Dashboard¶
The NØMAD dashboard provides real-time monitoring of your HPC cluster(s).
Launching¶
Open http://localhost:8050 in your browser.
Tabs¶
Cluster Tabs¶
Per-cluster views showing: - Node status (idle, allocated, down) - Partition utilization - CPU and memory pressure indicators - Active jobs count
Network¶
3D job similarity network visualization: - Jobs as nodes, colored by health - Edges connect similar jobs - "Safe zone" and "danger zone" regions emerge from data - Failure clustering analysis
Resources¶
Resource usage views for administrators: - CPU hours by cluster/group - Filter by cluster, group, and time period - Resource consumption patterns - Quietest hours for job scheduling
Activity¶
Job activity and history: - Recent job completions - Failed job categories - Interactive session monitoring (RStudio/Jupyter)
Planned Features¶
- Education Tab: Visual proficiency trajectories and per-student breakdowns (CLI available now via
nomad edu)
Remote Access¶
By default, the dashboard only listens on localhost. For remote access:
-
SSH Tunnel (simple):
-
Reverse Proxy (production): See System Install
GPU Panel¶
The node detail panel shows GPU metrics for any node with NVIDIA GPUs.
nvidia-smi utilization¶
The primary GPU utilization bar reflects the kernel-launch duty cycle reported
by nvidia-smi. This is the standard metric available on all NVIDIA GPU nodes.
Real Utilization (DCGM)¶
When DCGM is active on a node, a second bar labeled Real Util appears below the nvidia-smi bar. Real Utilization is a weighted composite of pipeline activity counters (SM, Tensor, DRAM, GR engine) that reflects what the GPU is actually computing, not just whether any kernel is scheduled.

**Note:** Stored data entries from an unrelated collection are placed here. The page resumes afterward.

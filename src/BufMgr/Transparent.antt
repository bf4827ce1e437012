-- ===== src/BufMgr/Transparent.antt =====
-- readPage and unPinPage of src/buffer.cpp leave alone what a client finds at every page.
use cs564_project.Prelude.{
  ℕ, ◌+◌, ◌<◌, ◌≡◌, refl, ◌⊎◌, inl, inr, ◌∙◌, none, some, Bool, true, arith, Option-cases,
  ℕ_discrete, sym,
}
use mathlib.Core.Path.{subst}
use cs564_project.Exceptions.{Result, ok}
use cs564_project.Effects.{Outcome}
use cs564_project.Files.{Files}
use cs564_project.HashTbl.Laws.{view}
use cs564_project.BufMgr.State.{BufDesc, BufMgr, desc, page_at, set_desc}
use cs564_project.BufMgr.Calls.{read_page, un_pin_page, load, mark_referenced}
use cs564_project.BufMgr.Inv.{Inv, desc-set_desc}
use cs564_project.BufMgr.Sweep.{Swept}
use cs564_project.BufMgr.Evict.{Freed}
use cs564_project.BufMgr.Load.{
  Loaded, loaded, unreadable, unwritable, unallocated, Filled, load-Loaded,
}
use cs564_project.BufMgr.Read.{lookup_pin-hit, lookup_pin-miss, pin_mark, finish}
use cs564_project.BufMgr.Unpin.{released, un_pin_page_cases}
use cs564_project.BufMgr.Coherence.{
  FileLaws, content, Coherent, content-hit, Freed-content, Freed-Coherent, Swept-content,
  Swept-Coherent,
}
use cs564_project.BufMgr.Caching.{Filled-content, Filled-Coherent, touch-Coherent}

module _ {files : Files} where
  -- The state is coherent, and each page is found as before.
  pub record Preserved (s t : BufMgr files) : Type 0 where
    pub coherent : Coherent t
    pub same : (g q : ℕ) → content t g q ≡ content s g q

  -- What a call of File that threw made of the store, or no such call threw.
  abbrev pub LeftBy : files.Store → BufMgr files → Type 0
  LeftBy last t =
      (t.store ≡ last)
      ⊎ ((f : ℕ) × (p : ℕ) × (t.store ≡ files.unread last f p))
      ⊎ ((f : ℕ) × (pg : files.Page) × (t.store ≡ files.unwritten last f pg))

  -- With the store that stood before the call of File that threw, the state is coherent and each
  -- page is found as before.
  pub record Interrupted (s t : BufMgr files) : Type 0 where
    pub last : files.Store
    pub kept : Preserved s (record t { store = last })
    pub left : LeftBy last t

  -- The frame that is returned holds what was found at the page.
  abbrev pub Transparent : BufMgr files → ℕ → ℕ → Result ℕ × BufMgr files → Type 0
  Transparent s f p =
      Outcome (λ k t. Preserved s t × (content s f p ≡ ok (page_at t k))) (λ _. Interrupted s)

  mark-Preserved :
      (s t : BufMgr files) (k : ℕ)
      → Inv t
      → k < t.num_bufs
      → Preserved s t
      → Preserved s (set_desc k (record (desc t k) { refbit = true }) t)
  unfolding content
  mark-Preserved s t k v h c = record {
    coherent =
        touch-Coherent t k (record (desc t k) { refbit = true }) v h c.coherent refl refl refl refl
          (omega arith);
    same = c.same;
  }

  hit-Transparent :
      (s : BufMgr files) (f p k : ℕ)
      → Inv s
      → Coherent s
      → view s.hash_table f p ≡ some k
      → Transparent s f p (read_page f p s)
  unfolding read_page mark_referenced content
  hit-Transparent s f p k v c there =
      let (h, used, _, _) = v.owned f p k there in
      let d : BufDesc = record (desc s k) { pin_cnt = (desc s k).pin_cnt + 1; refbit = true } in
      let after : Preserved s (set_desc k d s) = record {
        coherent = touch-Coherent s k d v h c refl refl refl refl (omega arith);
        same = λ g q. refl;
      } in
      rw (lookup_pin-hit s f p k there) (
        subst (λ t. Preserved s t × (content s f p ≡ ok (page_at t k))) (sym (pin_mark s k v h))
          (after, content-hit s f p k there))

  pub loaded-Preserved :
      (s m t : BufMgr files) (k f p : ℕ) (pg : files.Page)
      → FileLaws files
      → Inv s
      → Coherent s
      → view s.hash_table f p ≡ none
      → Freed s k m
      → files.read_page m.store f p ≡ ok pg
      → Filled m k f p pg t
      → Preserved s t
  loaded-Preserved s m t k f p pg laws v c absent fr reads fl =
      let gone : view m.hash_table f p ≡ none = ground (arith, fr.entries f p) in
      record {
        coherent = Filled-Coherent m t k f p pg laws (Freed-Coherent s m k laws v c fr) reads fl;
        same = λ g q.
            Filled-content m t k f p g q pg fr.inv fr.unused gone reads fl
            ∙ Freed-content s m k g q laws v c fr;
      }

  Swept-Preserved : (s t : BufMgr files) → Coherent s → Swept s t → Preserved s t
  Swept-Preserved s t c w = record {
    coherent = Swept-Coherent s t c w;
    same = λ g q. Swept-content s t g q w;
  }

  finish-Transparent :
      (s : BufMgr files) (f p : ℕ) (r : Result ℕ × BufMgr files)
      → FileLaws files
      → Inv s
      → Coherent s
      → view s.hash_table f p ≡ none
      → Loaded s f p r
      → Transparent s f p (finish r)
  unfolding finish mark_referenced
  finish-Transparent s f p _ laws v c absent (loaded k m pg t fr reads fl) =
      let kept = loaded-Preserved s m t k f p pg laws v c absent fr reads fl in
      let there : view t.hash_table f p ≡ some k = ground (arith, fl.table.reads f p) in
      (
        mark-Preserved s t k fl.inv (ground (arith, fr.bound, fr.num_bufs, fl.num_bufs)) kept,
        sym (kept.same f p) ∙ content-hit t f p k there,
      )
  finish-Transparent s f p _ laws v c absent (unreadable k m e fr fails) = record {
    last = m.store;
    kept = record {
      coherent = Freed-Coherent s m k laws v c fr;
      same = λ g q. Freed-content s m k g q laws v c fr;
    };
    left = inr (inl (f, p, refl));
  }
  finish-Transparent s f p _ laws v c absent (unwritable k e t st w x left) = record {
    last = t.store;
    kept = Swept-Preserved s t c w;
    left = inr (inr ((desc s k).file, page_at s k, rw w.store left));
  }
  finish-Transparent s f p _ laws v c absent (unallocated t w all) = record {
    last = t.store;
    kept = Swept-Preserved s t c w;
    left = inl refl;
  }

  miss-Transparent :
      (s : BufMgr files) (f p : ℕ)
      → FileLaws files
      → Inv s
      → Coherent s
      → view s.hash_table f p ≡ none
      → Transparent s f p (read_page f p s)
  unfolding read_page finish
  miss-Transparent s f p laws v c absent =
      rw (lookup_pin-miss s f p absent)
        (finish-Transparent s f p (load f p s) laws v c absent (load-Loaded s f p v absent))

  -- Where the files, each behind one `File*`, obey FileLaws, and the state is of the invariant and
  -- coherent: if `readPage` returns, the state is coherent, a client finds at every page of every file
  -- what it found before, also when a page was evicted, and the frame holds what is found at the page
  -- that was asked for. If it throws, that holds of the pool with the store before the call of File
  -- that threw, and the store is what that call left.
  pub read_page-Transparent :
      (s : BufMgr files) (f p : ℕ)
      → FileLaws files
      → Inv s
      → Coherent s
      → Transparent s f p (read_page f p s)
  read_page-Transparent s f p laws v c = elim (Option-cases (view s.hash_table f p)) [
    | inl absent ↦ miss-Transparent s f p laws v c absent
    | inr (k, there) ↦ hit-Transparent s f p k v c there
  ]

  unpinned-Coherent :
      (s : BufMgr files) (f p k : ℕ) (dirty : Bool)
      → Inv s
      → Coherent s
      → view s.hash_table f p ≡ some k
      → (dirty ≡ true) ⊎ (files.read_page s.store f p ≡ content s f p)
      → Coherent (set_desc k (released (desc s k) dirty) s)
  unpinned-Coherent s f p k dirty v c there settled =
      let (h, used, file, page) = v.owned f p k there in
      let d = released (desc s k) dirty in
      record {
        fit = c.fit;
        number = λ i. rw (desc-set_desc k i d v h) (λ on. ground (arith, c.number i));
        synced = λ i on free clean.
            let at = desc-set_desc k i d v h in
            let files_same : (desc (set_desc k d s) i).file ≡ (desc s i).file =
              ground (arith, at) in
            let pages_same : (desc (set_desc k d s) i).page_no ≡ (desc s i).page_no =
              ground (arith, at) in
            rw (files_same, pages_same)
              (elim (ℕ_discrete i k) [
                | no other ↦
                    c.synced i (ground (arith, at)) (ground (arith, at)) (ground (arith, at))
                | yes e ↦ elim settled [
                  | inl marked ↦ absurd (ground (arith, at))
                  | inr stored ↦ rw (e, file, page) (stored ∙ content-hit s f p k there)
                ]
              ]);
      }

  -- In a coherent state of the invariant, `unPinPage` leaves the state coherent and what a client
  -- finds at every page, if it marks the page as dirty or the page is as the file gives it.
  pub un_pin_page-Preserved :
      (s : BufMgr files) (f p : ℕ) (dirty : Bool)
      → Inv s
      → Coherent s
      → (dirty ≡ true) ⊎ (files.read_page s.store f p ≡ content s f p)
      → Preserved s (un_pin_page f p dirty s).1
  unfolding content
  un_pin_page-Preserved s f p dirty v c settled =
      let still : Preserved s s = record { coherent = c; same = λ g q. refl } in
      elim (un_pin_page_cases s f p dirty v) [
        | inl (_, e) ↦ rw e still
        | inr (k, _, inl (_, e)) ↦ rw e still
        | inr (k, there, inr (_, e, _)) ↦ rw e (record {
          coherent = unpinned-Coherent s f p k dirty v c there settled;
          same = λ g q. refl;
        })
      ]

A significant gap between nvidia-smi utilization and Real Util is a signal worth investigating — see GPU Monitoring.
Workload badge¶
A color-coded badge below the utilization bars shows the dominant workload
category for the node's GPUs: tensor-heavy compute, FP64 / HPC compute,
memory-bound, compute-active, idle, and others. Colors follow the
Okabe-Ito colorblind-safe palette. See Workload Classification
for the full category definitions.
Health indicator¶
A WARN, HOT, or CRIT badge appears next to the GPU name when hardware health issues are detected via DCGM (PCIe replay errors, high temperature, ECC errors, or row remap failures). No badge means OK.
DCGM pill¶
A small DCGM pill next to the GPU name indicates that enhanced metrics are active for that node. Nodes without DCGM show the nvidia-smi bar only and no badge or Real Util row.